In Over the Goal, however, he’s a college janitor boy who each year manages to wangle raccoon-skin coat from the freshmen who have the job of stealing a rival college’s mascot—which is a big black bear. He’s necessary because the bear knows and will mind him.
Parenthetically, Eddie has been having troubles with the trained bear used, who is not vicious but playful!


It turns out Eddie had some experience to prepare him to be shoved into a scene with Carmichael the polar bear in Buck Benny Rides Again.

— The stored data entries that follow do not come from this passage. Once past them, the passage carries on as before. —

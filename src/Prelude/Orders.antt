-- ===== src/Prelude/Orders.antt =====
-- The order of texts: comparing them the other way round.
use Prim.Native.Nat.{ℕ, zero, suc, Ordering, compare as compare_ℕ}
use Prim.Native.Nat.compare as compare_ℕ
use Prim.Native.Char.{code}
use Prim.Native.String.{String, [], ◌∷◌, then, compare}
use Prim.Native.String.compare
use mathlib.Core.Path.{◌≡◌, refl, sym, ap, ◌∙◌}
use mathlib.Core.Logic.{◌⊎◌, inl, inr}

abbrev pub swap : Ordering → Ordering
swap Ordering.lt = Ordering.gt
swap Ordering.eq = Ordering.eq
swap Ordering.gt = Ordering.lt

swap-compare_ℕ : (m n : ℕ) → compare_ℕ n m ≡ swap (compare_ℕ m n)
swap-compare_ℕ zero zero = compare_ℕ.zero-zero ∙ sym (ap swap compare_ℕ.zero-zero)
swap-compare_ℕ zero (suc n) = compare_ℕ.suc-zero n ∙ sym (ap swap (compare_ℕ.zero-suc n))
swap-compare_ℕ (suc m) zero = compare_ℕ.zero-suc m ∙ sym (ap swap (compare_ℕ.suc-zero m))
swap-compare_ℕ (suc m) (suc n) =
    compare_ℕ.suc-suc n m ∙ swap-compare_ℕ m n ∙ sym (ap swap (compare_ℕ.suc-suc m n))

swap-then : (o r : Ordering) → then (swap o) (swap r) ≡ swap (then o r)
swap-then Ordering.lt r = refl
swap-then Ordering.eq r = refl
swap-then Ordering.gt r = refl

pub swap-compare : (s t : String) → compare t s ≡ swap (compare s t)
swap-compare [] [] = compare.nil-nil ∙ sym (ap swap compare.nil-nil)
swap-compare [] (d ∷ t) = compare.cons-nil d t ∙ sym (ap swap (compare.nil-cons d t))
swap-compare (c ∷ s) [] = compare.nil-cons c s ∙ sym (ap swap (compare.cons-nil c s))
swap-compare (c ∷ s) (d ∷ t) =
    compare.cons-cons d c t s
    ∙ ap (λ o. then o (compare t s)) (swap-compare_ℕ (code c) (code d))
    ∙ ap (λ r. then (swap (compare_ℕ (code c) (code d))) r) (swap-compare s t)
    ∙ swap-then (compare_ℕ (code c) (code d)) (compare s t)
    ∙ sym (ap swap (compare.cons-cons c d s t))

pub Ordering-cases : (o : Ordering) → (o ≡ Ordering.lt) ⊎ ((o ≡ Ordering.eq) ⊎ (o ≡ Ordering.gt))
Ordering-cases Ordering.lt = inl refl
Ordering-cases Ordering.eq = inr (inl refl)
Ordering-cases Ordering.gt = inr (inr refl)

One other note about the debut of Rochester: Frank Nelson claimed that he was supposed to the voice of the porter, but turned down the role because he had another commitment on the air so Anderson was hired. A look at the script for that episode says “Nelson” next to the lines for a redcap, but the broadcast has no other voice than Eddie Anderson’s. It would appear Nelson was to be on the show but all the porter lines were consolidated into one character.

It turns out that Frank Nelson, indirectly, was partly responsible for the creation of one of the most popular characters in all of network radio.